A group from UC Santa Cruz, led by oceanographer Margaret McManus, has fashioned acoustic devices similar to echolocation pings of dolphins, to track thin, moving carpets of larvae as they twist and turn through the sea for weeks and sometimes months.
She discovered that rockfish larvae are not dispersed equally through ocean waters around Monterey Bay, but rather cluster in bands like thick carpets -- from a few inches to a few feet thick -- that can stretch for miles.
“It’s important to understand where larvae are coming from and where they are going,” McManus said. “It’s all about identifying which areas of the coast should be protected for these species of rockfish.”
These findings, researchers said, underscore the local benefits of no-fishing marine reserves, such as those established around the Channel Islands, which are designed to allow brood-stocks of fish to recover so they can begin “seeding” surrounding areas with larvae and spillover fish.
“This is a message of hope,” said Warner, the UC Santa Barbara marine biologist. “If a fisherman gives up a local fishing spot, he may benefit by repopulating other areas he fishes.
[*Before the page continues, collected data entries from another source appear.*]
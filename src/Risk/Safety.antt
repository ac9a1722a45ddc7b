-- ===== src/Risk/Safety.antt =====
-- The kill-switch supervisor and the checklist agree: crates/rt-risk/src/kill_switch.rs against
-- checks/hard_limit.rs.
use razortrade.Common.{ap, ◌≡◌, ◌≢◌, ◌↔◌, ◌⊎◌, inl, inr, true, false, arith}
use razortrade.Decimal.{DecimalOps, IsOrdered, ◌<ᵈ◌, ◌≤ᵈ◌, ◌=ᵈ◌}
use razortrade.Time.{TimeOps}
use razortrade.Core.Portfolio.{
  PortfolioState, drawdown_fraction, leverage_sleeve_effective_pnl, leverage_sleeve_realized_pnl,
  leverage_sleeve_unrealized_pnl,
}
use razortrade.Risk.Config.{RiskConfig}
use razortrade.Risk.Context.{PreTradeContext}
use razortrade.Risk.Checklist.{evaluate, standard}
use razortrade.Risk.KillSwitch.{
  no_change, disable, panic_close, KillSwitchDecision, KillSwitchReason, portfolio_drawdown,
  lifetime_realised_loss_budget_exhausted, effective_pnl_budget_exhausted, evaluate_kill_switch,
}
use razortrade.Risk.Hazard.Spec.{IsLeveraged, over_limit, realised, unrealised, effective, fall}
use razortrade.Risk.Approval.{refused_iff_Hazard}

module _ {D : Type 0} ⦃dec : DecimalOps D⦄ (laws : IsOrdered D) where
  adverse_min :
      (u : D)
      → (((u <ᵈ dec.zero) ≡ true) × (dec.min u dec.zero ≡ u))
        ⊎ (((u <ᵈ dec.zero) ≡ false)
            × ((dec.min u dec.zero ≡ dec.zero)
                ⊎ (((u =ᵈ dec.zero) ≡ true) × (dec.min u dec.zero ≡ u))))
  adverse_min u = elim (laws.min_is_one u dec.zero) [
    | inl e ↦
        let low : (u ≤ᵈ dec.zero) ≡ true = rw e at (laws.min_le_right u dec.zero) in ground arith
    | inr e ↦
        let high : (dec.zero ≤ᵈ u) ≡ true = rw e at (laws.min_le_left u dec.zero) in ground arith
  ]

module _ {D : Type 0} ⦃dec : DecimalOps D⦄ where
  -- What counts of a realised and an unrealised P&L: an open loss in full, an open gain not at all;
  -- an unrealised P&L of the value zero may stand in for the zero.
  abbrev pub CountsLosses : D → D → D → Type 0
  CountsLosses r u e =
      ((e ≤ᵈ r) ≡ true)
      × ((((u <ᵈ dec.zero) ≡ true) × (e ≡ dec.add r u))
          ⊎ (((u <ᵈ dec.zero) ≡ false)
              × ((e ≡ dec.add r dec.zero) ⊎ (((u =ᵈ dec.zero) ≡ true) × (e ≡ dec.add r u)))))

module _ {D T : Type 0} ⦃dec : DecimalOps D⦄ (laws : IsOrdered D) where
  -- The effective P&L is never above the realised P&L of the leverage sleeve. With an open loss it
  -- is realised plus unrealised, the loss in full; without one it is realised plus zero, an open
  -- gain not at all, but for an unrealised P&L of the value zero, which may stand in for the zero.
  pub effective_pnl-CountsLosses :
      (p : PortfolioState D T)
      → CountsLosses (realised p) (unrealised p) (leverage_sleeve_effective_pnl p)
  unfolding leverage_sleeve_effective_pnl leverage_sleeve_realized_pnl
      leverage_sleeve_unrealized_pnl
  effective_pnl-CountsLosses p = (
    laws.add-le_of_nonpos (realised p) (dec.min (unrealised p) dec.zero)
        (laws.min_le_right (unrealised p) dec.zero),
    elim (adverse_min laws (unrealised p)) [
      | inl (l, e) ↦ inl (l, ap (dec.add (realised p)) e)
      | inr (g, inl e) ↦ inr (g, inl (ap (dec.add (realised p)) e))
      | inr (g, inr (z, e)) ↦ inr (g, inr (z, ap (dec.add (realised p)) e))
    ],
  )

  -- Whatever makes the supervisor act also exhausts the budget of new trades.
  decision-IsExhausted :
      (p : PortfolioState D T) (c : RiskConfig D) (now : T)
      → (c.kill_switch_effective_threshold_chf ≤ᵈ c.leverage_kill_switch_budget_chf) ≡ true
      → evaluate_kill_switch p c now ≢ no_change
      → ((leverage_sleeve_effective_pnl p ≤ᵈ c.leverage_kill_switch_budget_chf) ≡ true)
        ⊎ ((c.max_portfolio_drawdown <ᵈ drawdown_fraction p) ≡ true)
  unfolding evaluate_kill_switch leverage_sleeve_realized_pnl
  decision-IsExhausted p c now ordered acts = ground (
    arith,
    laws.le_trans (leverage_sleeve_effective_pnl p) c.kill_switch_effective_threshold_chf
        c.leverage_kill_switch_budget_chf,
    laws.le_trans (leverage_sleeve_effective_pnl p) (leverage_sleeve_realized_pnl p)
        c.leverage_kill_switch_budget_chf,
    (effective_pnl-CountsLosses p).0,
  )

module _ {D T : Type 0} ⦃dec : DecimalOps D⦄ ⦃chr : TimeOps T⦄ (laws : IsOrdered D) where
  -- If the hard threshold does not lie above the budget, then whenever the supervisor decides
  -- anything but `NoChange`, the standard checklist already refuses every leveraged trade on the
  -- same portfolio, before the flag is written.
  pub supervisor_agrees :
      (ctx : PreTradeContext D T) (now : T)
      → (ctx.config.kill_switch_effective_threshold_chf
          ≤ᵈ ctx.config.leverage_kill_switch_budget_chf)
        ≡ true
      → evaluate_kill_switch ctx.portfolio ctx.config now ≢ no_change
      → IsLeveraged ctx
      → (evaluate standard ctx).is_approved ≡ false
  unfolding leverage_sleeve_effective_pnl leverage_sleeve_realized_pnl
      leverage_sleeve_unrealized_pnl drawdown_fraction
  supervisor_agrees ctx now ordered acts leveraged = (refused_iff_Hazard ctx).1 (
      over_limit (
        inr (
          leveraged,
          elim (decision-IsExhausted laws ctx.portfolio ctx.config now ordered acts) [
            | inl spent ↦ inl spent
            | inr fallen ↦ inr (inl fallen)
          ],
        )))

module _ {D T : Type 0} ⦃dec : DecimalOps D⦄ where
  -- Realised and open losses of the leverage sleeve together reach the hard threshold.
  abbrev pub IsHard : PortfolioState D T → RiskConfig D → Type 0
  IsHard p c = (effective p ≤ᵈ c.kill_switch_effective_threshold_chf) ≡ true

  -- The realised loss alone spends the budget.
  abbrev pub IsSpent : PortfolioState D T → RiskConfig D → Type 0
  IsSpent p c = (realised p ≤ᵈ c.leverage_kill_switch_budget_chf) ≡ true

  -- The portfolio has fallen too far.
  abbrev pub IsFallen : PortfolioState D T → RiskConfig D → Type 0
  IsFallen p c = (c.max_portfolio_drawdown <ᵈ fall p) ≡ true

  -- Which of the four decisions the supervisor takes, with the figures that it reports.
  abbrev pub IsDecision : PortfolioState D T → RiskConfig D → T → KillSwitchDecision D T → Type 0
  IsDecision p c now d =
      let hard = c.kill_switch_effective_threshold_chf in
      let budget = c.leverage_kill_switch_budget_chf in
      let limit = c.max_portfolio_drawdown in
      let is_soft = (¬ IsHard p c) × (p.kill_switch_active ≡ false) in
      ((d ≡ panic_close (effective_pnl_budget_exhausted (effective p) hard) now) ↔ IsHard p c)
      × ((d ≡ disable (lifetime_realised_loss_budget_exhausted (realised p) budget) now)
          ↔ (is_soft × IsSpent p c))
      × ((d ≡ disable (portfolio_drawdown (fall p) limit) now)
          ↔ (is_soft × (¬ IsSpent p c) × IsFallen p c))
      × ((d ≡ no_change) ↔ (
          (¬ IsHard p c) × ((p.kill_switch_active ≡ true) ⊎ ((¬ IsSpent p c) × (¬ IsFallen p c)))))

  -- The decision of the supervisor by the figures of the sleeves and the values per unit: a panic
  -- close exactly if realised and open losses together reach the hard threshold, whether or not the
  -- kill switch is on and whatever was realised; else, with the switch off, a disabling exactly if
  -- the realised loss alone spends the budget, or else the portfolio has fallen too far; and else
  -- no change. Each decision carries these figures.
  pub evaluate_kill_switch-IsDecision :
      (p : PortfolioState D T) (c : RiskConfig D) (now : T)
      → IsDecision p c now (evaluate_kill_switch p c now)
  unfolding evaluate_kill_switch leverage_sleeve_effective_pnl leverage_sleeve_realized_pnl
      leverage_sleeve_unrealized_pnl drawdown_fraction
  evaluate_kill_switch-IsDecision p c now = (ground arith, ground arith, ground arith, ground arith)

  -- While the kill switch is on, the supervisor never asks to disable again.
  pub disable-not-active :
      (p : PortfolioState D T) (c : RiskConfig D) (now at : T) (r : KillSwitchReason D)
      → evaluate_kill_switch p c now ≡ disable r at
      → p.kill_switch_active ≡ false
  unfolding evaluate_kill_switch
  disable-not-active p c now at r e = ground arith
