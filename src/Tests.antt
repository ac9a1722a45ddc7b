-- ===== src/Tests.antt =====
-- Test data, tests that evaluate the model, and the examples of the theorems.
pub mod Data
pub mod Rows
pub mod TextOrder
mod Risk
mod Futures
mod Persistence
mod Daemon
mod World
mod Processor
mod Supervisor
mod Equity
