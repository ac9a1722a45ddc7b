-- ===== src/Tests/Data.antt =====
-- Contexts, books and rows with concrete numbers.
use razortrade.Common.{ℕ, ◌*◌, Bool, true, false, none, some, List, [], ◌∷◌, String}
use razortrade.Common.Int.{pos, neg}
use razortrade.Decimal.Fixed.{Fixed, fixed, fixed_ops}
use razortrade.Time.{Millis, at, millis_ops}
use razortrade.Core.Instrument.{crypto_leverage}
use razortrade.Core.Order.{buy}
use razortrade.Core.Signal.{Signal, trend_entry, pending}
use razortrade.Core.MarketData.{OrderBookLevel, OrderBookSnapshot, MarketSnapshot}
use razortrade.Core.Portfolio.{PortfolioState, SleeveState, OpenPositionSummary}
use razortrade.Futures.Messages.{
  BookSide, PriceLevel, BookSnapshotMessage, BookDeltaMessage, FillEntry, OpenOrderVerboseEntry,
  OpenOrdersUpdateMessage,
}
use razortrade.Futures.OrderBook.{LocalOrderBook, synced}
use razortrade.Futures.FillsRing.{FillsRing}
use razortrade.Futures.OpenOrders.{OpenOrdersState}
use razortrade.Risk.Config.{default_config}
use razortrade.Risk.Checklist.{PreTradeChecklist, standard}
use razortrade.Risk.Context.{PreTradeContext}

abbrev pub num : ℕ → Fixed
num n = fixed (pos (n * 10_000))

abbrev pub minus : ℕ → Fixed
minus n = fixed (neg (pos (n * 10_000)))

abbrev pub leverage_signal : Signal Fixed Millis
leverage_signal = record {
  id = 1;
  created_at = at 1000;
  instrument_symbol = "PI_XBTUSD";
  side = buy;
  signal_type = trend_entry;
  sleeve = crypto_leverage;
  notional_chf = num 100;
  leverage = num 2;
  metadata = none;
  status = pending;
  processed_at = none;
  rejection_reason = none;
  expires_at = none;
}

abbrev pub level_at : ℕ → ℕ → OrderBookLevel Fixed
level_at price qty = record { price = num price; quantity = num qty }

abbrev pub deep_book : OrderBookSnapshot Fixed Millis
deep_book = record {
  bids = level_at 49_990 10 ∷ level_at 49_980 20 ∷ [];
  asks = level_at 50_010 10 ∷ level_at 50_020 20 ∷ [];
  timestamp = at 1000;
}

abbrev pub calm_market : MarketSnapshot Fixed Millis
calm_market = record {
  instrument_symbol = "PI_XBTUSD";
  order_book = deep_book;
  last_price = num 50_000;
  last_trade_at = at 1000;
  atr_absolute = num 1000;
  atr_pct = num 2;
  funding_rate_per_8h = some (fixed (pos 1));
  fx_quote_per_chf = fixed (pos 11_000);
}

abbrev pub leverage_sleeve : Fixed → Fixed → SleeveState Fixed
leverage_sleeve realized unrealized = record {
  sleeve = crypto_leverage;
  market_value_chf = num 5000;
  cash_chf = num 5000;
  realized_pnl_lifetime_chf = realized;
  unrealized_pnl_chf = unrealized;
}

abbrev pub portfolio :
    Fixed → Fixed → Bool → List (OpenPositionSummary Fixed) → PortfolioState Fixed Millis
portfolio realized unrealized active positions = record {
  snapshot_at = at 1000;
  sleeves = leverage_sleeve realized unrealized ∷ [];
  nav_per_unit = num 1;
  nav_hwm_per_unit = num 1;
  total_units = num 10_000;
  kill_switch_active = active;
  open_positions = positions;
}

abbrev pub context : PortfolioState Fixed Millis → PreTradeContext Fixed Millis
context p = record {
  signal = leverage_signal;
  market = calm_market;
  portfolio = p;
  config = default_config;
  now = at 1200;
}

abbrev pub calm : PreTradeContext Fixed Millis
calm = context (portfolio (num 0) (num 0) false [])

abbrev pub standard_checks : PreTradeChecklist Fixed Millis
standard_checks = standard

-- An open loss of 1300.
abbrev pub losing : PreTradeContext Fixed Millis
losing = context (portfolio (num 0) (minus 1300) false [])

abbrev pub killed_context : PreTradeContext Fixed Millis
killed_context = context (portfolio (num 0) (num 0) true [])

-- A long position whose liquidation price is one ATR away.
abbrev pub cornered_context : PreTradeContext Fixed Millis
cornered_context = context (
    portfolio (num 0) (num 0) false (
      record {
        instrument_symbol = "PI_XBTUSD";
        sleeve = crypto_leverage;
        quantity = minus 5;
        avg_entry_price = some (num 50_000);
        liquidation_price = some (num 51_000);
        leverage = some (num 2);
      }
      ∷ []))

abbrev pub price_level : ℕ → ℕ → PriceLevel Fixed
price_level price qty = record { price = num price; qty = num qty }

abbrev pub snapshot : List (PriceLevel Fixed) → List (PriceLevel Fixed) → BookSnapshotMessage Fixed
snapshot bids asks = record {
  product_id = "PI_XBTUSD";
  timestamp = 0;
  seq = 7;
  bids = bids;
  asks = asks;
}

abbrev pub delta : BookSide → ℕ → ℕ → ℕ → BookDeltaMessage Fixed
delta side seq price qty = record {
  product_id = "PI_XBTUSD";
  timestamp = 0;
  seq = seq;
  side = side;
  price = num price;
  qty = num qty;
}

-- A book in sync at number 7, with two levels on each side.
abbrev pub synced_book : LocalOrderBook Fixed Millis
synced_book = record {
  product_id = "PI_XBTUSD";
  bids = (num 98, num 1) ∷ (num 99, num 2) ∷ [];
  asks = (num 101, num 3) ∷ (num 102, num 4) ∷ [];
  last_seq = some 7;
  last_update_at = some (at 1000);
  state = synced;
}

abbrev pub fill_at : ℕ → FillEntry Fixed
fill_at seq = record {
  instrument = "PI_XBTUSD";
  time = 0;
  price = num 50_000;
  seq = seq;
  is_buy = true;
  qty = num 1;
  remaining_order_qty = none;
  order_id = "order";
  fill_id = "fill";
  fill_type = "maker";
  fee_paid = num 0;
  fee_currency = "BTC";
  cli_ord_id = none;
  order_type = none;
  taker_order_type = none;
}

-- A ring of three with two fills.
abbrev pub small_ring : FillsRing Fixed
small_ring = record {
  fills = fill_at 1 ∷ fill_at 2 ∷ [];
  capacity = 3;
  highest_seq = 2;
  is_synced = true;
}

abbrev pub entry : String → OpenOrderVerboseEntry Fixed
entry id = record {
  instrument = "PI_XBTUSD";
  time = 0;
  last_update_time = none;
  qty = num 1;
  filled = none;
  limit_price = some (num 50_000);
  stop_price = none;
  order_type = none;
  order_id = id;
  cli_ord_id = none;
  direction = 0;
  reduce_only = none;
  trigger_signal = none;
}

abbrev pub two_orders : OpenOrdersState Fixed Millis
two_orders = record {
  orders = ("a", entry "a") ∷ ("b", entry "b") ∷ [];
  last_seen_at = some (at 1000);
  is_synced = true;
}

abbrev pub cancel_a : OpenOrdersUpdateMessage Fixed
cancel_a = record { order = none; is_cancel = true; order_id = some "a"; reason = none }
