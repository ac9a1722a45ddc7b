-- ===== src/Tests/Rows.antt =====
-- Rows and fills of the tables.
use razortrade.Common.{ℕ, false, none, some, [], ◌∷◌, String}
use razortrade.Decimal.Fixed.{Fixed, fixed_ops}
use razortrade.Time.{millis_ops}
use razortrade.Persistence.Columns.{Text, printed}
use razortrade.Persistence.PositionRows.{PositionRow, PositionTable, PositionFill}
use razortrade.Persistence.OrderRows.{OrderRow, OrderFill}
use razortrade.Tests.Data.{num}

-- A long position of ten contracts.
abbrev pub long_row : PositionRow Text
long_row = record {
  id = 1;
  instrument_symbol = "PI_XBTUSD";
  broker = "kraken_futures";
  sleeve = "crypto_leverage";
  quantity = printed (num 10);
  avg_entry_price = printed (num 2);
  leverage = printed (num 1);
  liquidation_price = none;
  opened_at = "t0";
  updated_at = "t0";
  closed_at = none;
  realized_pnl_chf = none;
  realized_pnl_btc = some (printed (num 0));
}

abbrev pub positions : PositionTable Text
positions = record { rows = long_row ∷ []; next_id = 2 }

-- A sale at the price 4.
abbrev pub sale : ℕ → PositionFill Fixed
sale qty = record {
  instrument_symbol = "PI_XBTUSD";
  broker = "kraken_futures";
  sleeve = "crypto_leverage";
  is_buy = false;
  fill_qty = num qty;
  fill_price = num 4;
  now_iso = "t1";
}

abbrev pub order_row : String → Fixed → OrderRow Text
order_row status filled = record {
  id = 1;
  signal_id = some 1;
  broker = "kraken_futures";
  broker_order_id = some "abc";
  instrument_symbol = "PI_XBTUSD";
  side = "buy";
  order_type = "limit";
  time_in_force = "gtc";
  quantity = printed (num 10);
  limit_price = none;
  stop_price = none;
  status = status;
  filled_quantity = printed filled;
  avg_fill_price = some (printed (num 2));
  fees_paid = printed (num 0);
  created_at = "t0";
  updated_at = "t0";
  error_message = none;
  cli_ord_id = some "rt-s1";
}

abbrev pub order_fill : ℕ → OrderFill Fixed
order_fill qty = record {
  broker_order_id = "abc";
  fill_qty = num qty;
  fill_price = num 4;
  fee = num 1;
  now_iso = "t1";
}
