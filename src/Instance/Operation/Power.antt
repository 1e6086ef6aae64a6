-- ===== src/Instance/Operation/Power.antt =====
-- The disk operations run while the instance is offline, and bring it back to its state.
use terraform_provider_linod.Prelude.Runs.{
  Sure, Sure-explained, Sure-done, Sure-fail, Every, Kept, Kept-holds, Kept-explained, Kept-last,
  Kept-step, Kept-after, Kept-then,
}
use terraform_provider_linod.Prelude.{
  ℕ, Bool, true, false, ◌≡◌, ◌∙◌, inl, inr, List, [], ◌∷◌, nat_eq,
}
use terraform_provider_linod.Instance.{
  Status, offline, running, booting, rebooting, shutting_down, other, Disk, Call,
  resize_instance_disk, delete_instance_disk, Client, History, Run,
}
use terraform_provider_linod.Instance.Semantics.{PowerSemantics, KeepsPower}
use terraform_provider_linod.Instance.Power.{
  wait_for_instance_non_transient_status, settle, wait_to_reach, shut_down_instance_sync,
  boot_instance_sync,
}
use terraform_provider_linod.Instance.Power.Reached.{Settled, non_transient_settles, stop_reaches}
use terraform_provider_linod.Instance.Operation.{
  attempt, stop_if_running, boot_if_stopped, run_disk_operation, check_size, resize_disk,
  resize_disk_sync, remove_disk, delete_disk_sync,
}

-- A change of a disk is judged: the instance is offline.
abbrev pub OfflineChange : (History → Status) → Call → History → Type 0
OfflineChange status_of (resize_instance_disk n d s) h = status_of h ≡ offline
OfflineChange status_of (delete_instance_disk n d) h = status_of h ≡ offline
OfflineChange status_of _ h = Unit

module _ {client : Client} {id : ℕ} {status_of : History → Status}
    (semantics : PowerSemantics client id status_of) where
  abbrev Allowed : Call → History → Type 0
  Allowed c h = OfflineChange status_of c h

  wait-Kept :
      (n : ℕ) (target : Status) (h : History)
      → Every Allowed h
      → Kept Allowed (wait_to_reach client n target h)
  wait-Kept n target h kept = Kept-step _ _ _ _ _ (tt, kept) (λ i e k. Kept-last _ _ _ k)

  settle-Kept :
      (n : ℕ) (s : Status) (h : History) → Every Allowed h → Kept Allowed (settle client n s h)
  settle-Kept n booting h kept = wait-Kept n running h kept
  settle-Kept n rebooting h kept = wait-Kept n running h kept
  settle-Kept n shutting_down h kept = wait-Kept n offline h kept
  settle-Kept n running h kept = Kept-last _ _ _ kept
  settle-Kept n offline h kept = Kept-last _ _ _ kept
  settle-Kept n (other s) h kept = Kept-last _ _ _ kept

  non_transient-Kept :
      (h : History)
      → Every Allowed h
      → Kept Allowed (wait_for_instance_non_transient_status client id h)
  unfolding wait_for_instance_non_transient_status
  non_transient-Kept h kept =
      Kept-step _ _ _ _ _ (tt, kept) (λ i e k. settle-Kept i.id i.status _ k)

  stop-Kept : (h : History) → Every Allowed h → Kept Allowed (shut_down_instance_sync client id h)
  unfolding shut_down_instance_sync
  stop-Kept h kept =
      Kept-step _ _ _ _ _ (tt, kept)
        (λ a e k1.
          Kept-step _ _ _ _ _ (tt, k1) (λ b e1 k2. Kept-explained _ _ _ (Kept-last _ _ _ (tt, k2))))

  boot-Kept :
      (config : ℕ) (h : History)
      → Every Allowed h
      → Kept Allowed (boot_instance_sync client id config h)
  unfolding boot_instance_sync
  boot-Kept config h kept =
      Kept-step _ _ _ _ _ (tt, kept)
        (λ a e k1.
          Kept-step _ _ _ _ _ (tt, k1) (λ b e1 k2. Kept-explained _ _ _ (Kept-last _ _ _ (tt, k2))))

  stop_if-Kept :
      (s : Status) (skip : Bool) (h : History)
      → Every Allowed h
      → Kept Allowed (stop_if_running client s skip id h)
  stop_if-Kept running true h kept = Kept-last _ _ _ kept
  stop_if-Kept running false h kept = Kept-explained _ _ _ (stop-Kept h kept)
  stop_if-Kept offline skip h kept = Kept-last _ _ _ kept
  stop_if-Kept booting skip h kept = Kept-last _ _ _ kept
  stop_if-Kept rebooting skip h kept = Kept-last _ _ _ kept
  stop_if-Kept shutting_down skip h kept = Kept-last _ _ _ kept
  stop_if-Kept (other s) skip h kept = Kept-last _ _ _ kept

  boot_if-Kept :
      (disks : List Disk) (s : Status) (h : History)
      → Every Allowed h
      → Kept Allowed (boot_if_stopped client disks id s h)
  boot_if-Kept [] s h kept = Kept-last _ _ _ kept
  boot_if-Kept (d ∷ disks) running h kept = Kept-explained _ _ _ (boot-Kept 0 h kept)
  boot_if-Kept (d ∷ disks) offline h kept = Kept-last _ _ _ kept
  boot_if-Kept (d ∷ disks) booting h kept = Kept-last _ _ _ kept
  boot_if-Kept (d ∷ disks) rebooting h kept = Kept-last _ _ _ kept
  boot_if-Kept (d ∷ disks) shutting_down h kept = Kept-last _ _ _ kept
  boot_if-Kept (d ∷ disks) (other s) h kept = Kept-last _ _ _ kept

  stop_running-reaches :
      (skip : Bool) (h : History)
      → Sure (λ a h'. status_of h' ≡ offline) (stop_if_running client running skip id h)
  stop_running-reaches true h = Sure-fail _ _ _
  stop_running-reaches false h = Sure-explained _ _ _ (stop_reaches semantics h)

  pub stop_if-reaches :
      (s : Status) (skip : Bool) (h : History)
      → Settled semantics s h
      → Sure (λ a h'. status_of h' ≡ offline) (stop_if_running client s skip id h)
  stop_if-reaches s skip h (e, inl r) = rw r (stop_running-reaches skip h)
  stop_if-reaches s skip h (e, inr o) = rw o (Sure-done _ _ _ (e ∙ o))

  -- An operation that is allowed offline is allowed within `run_disk_operation`.
  run-Kept :
      {A : Type 0} (skip : Bool) (op : Run A) (h : History)
      → ((h1 : History) → status_of h1 ≡ offline → Every Allowed h1 → Kept Allowed (op h1))
      → Every Allowed h
      → Kept Allowed (run_disk_operation client skip id op h)
  unfolding run_disk_operation
  run-Kept skip op h op-Kept kept =
      Kept-after _ (Settled semantics) _ _ (Kept-explained _ _ _ (non_transient-Kept h kept))
        (Sure-explained _ _ _ (non_transient_settles semantics h))
        (λ s h1 k1 settled.
          Kept-after _ (λ a h'. status_of h' ≡ offline) _ _ (stop_if-Kept s skip h1 k1)
            (stop_if-reaches s skip h1 settled)
            (λ a h2 k2 stopped. Kept-then _ _ _ (op-Kept h2 stopped k2) (λ result h3 k3.
              Kept-step _ _ _ _ _ (tt, k3)
                (λ disks e k4.
                  Kept-then _ _ _ (boot_if-Kept disks s _ k4) (λ b h5 k5. Kept-last _ _ _ k5)))))

  still :
      {c : Call} {h : History} → KeepsPower c → status_of h ≡ offline → status_of (c ∷ h) ≡ offline
  still keeps off = semantics.kept _ _ keeps ∙ off

  check_size-Kept :
      (wrong : Bool) (h : History) → Every Allowed h → Kept Allowed (check_size client wrong h)
  check_size-Kept true h kept = Kept-last _ _ _ kept
  check_size-Kept false h kept = Kept-last _ _ _ kept

  resize-Kept :
      (disk size : ℕ) (h : History)
      → status_of h ≡ offline
      → Every Allowed h
      → Kept Allowed (resize_disk client id disk size h)
  unfolding resize_disk
  resize-Kept disk size h off kept =
      Kept-step _ _ _ _ _ (tt, kept)
        (λ d e1 k1.
          Kept-step _ _ _ _ _ (tt, k1)
            (λ a e2 k2.
              Kept-step _ _ _ _ _ (still tt (still tt off), k2)
                (λ b e3 k3.
                  Kept-step _ _ _ _ _ (tt, k3)
                    (λ c e4 k4. Kept-step _ _ _ _ _ (tt, k4) (λ u e5 k5. check_size-Kept _ _ k5)))))

  remove-Kept :
      (disk : ℕ) (h : History)
      → status_of h ≡ offline
      → Every Allowed h
      → Kept Allowed (remove_disk client id disk h)
  unfolding remove_disk
  remove-Kept disk h off kept =
      Kept-step _ _ _ _ _ (tt, kept)
        (λ a e1 k1.
          Kept-step _ _ _ _ _ (still tt off, k1)
            (λ b e2 k2. Kept-explained _ _ _ (Kept-last _ _ _ (tt, k2))))

  attempt-Kept :
      (disk : ℕ) (h : History)
      → status_of h ≡ offline
      → Every Allowed h
      → Kept Allowed (attempt (remove_disk client id disk) h)
  attempt-Kept disk h off kept = Kept-last _ _ _ (Kept-holds _ _ (remove-Kept disk h off kept))

  -- If the API keeps to the power semantics, a resize or a deletion of a disk makes its changes
  -- while the instance is offline, whether it succeeds or not.
  pub disk_operations_offline :
      (skip : Bool) (disk size : ℕ) (h : History)
      → Every (OfflineChange status_of) h
      → Every (OfflineChange status_of) (resize_disk_sync client skip id disk size h).1
        × Every (OfflineChange status_of) (delete_disk_sync client skip id disk h).1
  unfolding resize_disk_sync delete_disk_sync
  disk_operations_offline skip disk size h kept = (
    Kept-holds _ _ (run-Kept skip _ h (resize-Kept disk size) kept),
    Kept-holds _ _ (
        Kept-then _ _ _ (run-Kept skip _ h (attempt-Kept disk) kept)
          (λ result h1 k1. Kept-last _ _ _ k1)),
  )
It won’t just get swept down the coast to help somebody else.”
California Department of Fish and Game officials are now working with scientists and fishermen to figure out where to establish a network of marine reserves along the state’s 1,100-mile coastline. In addition, officials within the National Oceanic & Atmospheric Administration are trying to figure out how far the reserves around the Channel Islands should be extended into federal waters, which begin three miles from shore.
Many fishermen oppose such reserves and question claims by scientists that the zone would ultimately help the fishing industry. Commercial fishermen say the no-fish areas hurt their livelihoods, while recreational fishermen say they infringe on their way of life.
Conrad C. Lautenbacher, Oceanic & Atmospheric’s administrator, said in an interview this week that he favors an “ecosystem approach” to managing fisheries and sees reserves as a valuable tool that can benefit fishermen, as well as those who want to conserve nature for its own sake.
Lautenbacher said he was intrigued by the new discoveries, which he wants to incorporate into his agency’s coastal observing system. “It’s an excellent development and something we are very interested in,” Lautenbacher said. He said far too little research has been done on coastal waters because oceanographers tend to focus on the deep ocean.
The research unveiled Saturday was coordinated through the Partnership for Interdisciplinary Studies of Coastal Oceans, a collaboration of Stanford, UC Santa Barbara, UC Santa Cruz and Oregon State University that involves more than 100 scientists.
Many of these marine scientists have called for 20% of the world’s ocean area to be designated off limits to keep many types of fish from becoming extinct. Only about 1% of the ocean area is closed to fishing. Some scientists blame the relatively small size of the closed areas for collapse of many fisheries.
“There is emerging concern about the ocean,” said Jane Lubchenco, a marine ecologist at Oregon State University. “There will be increasing calls for doing a better job managing our oceans.”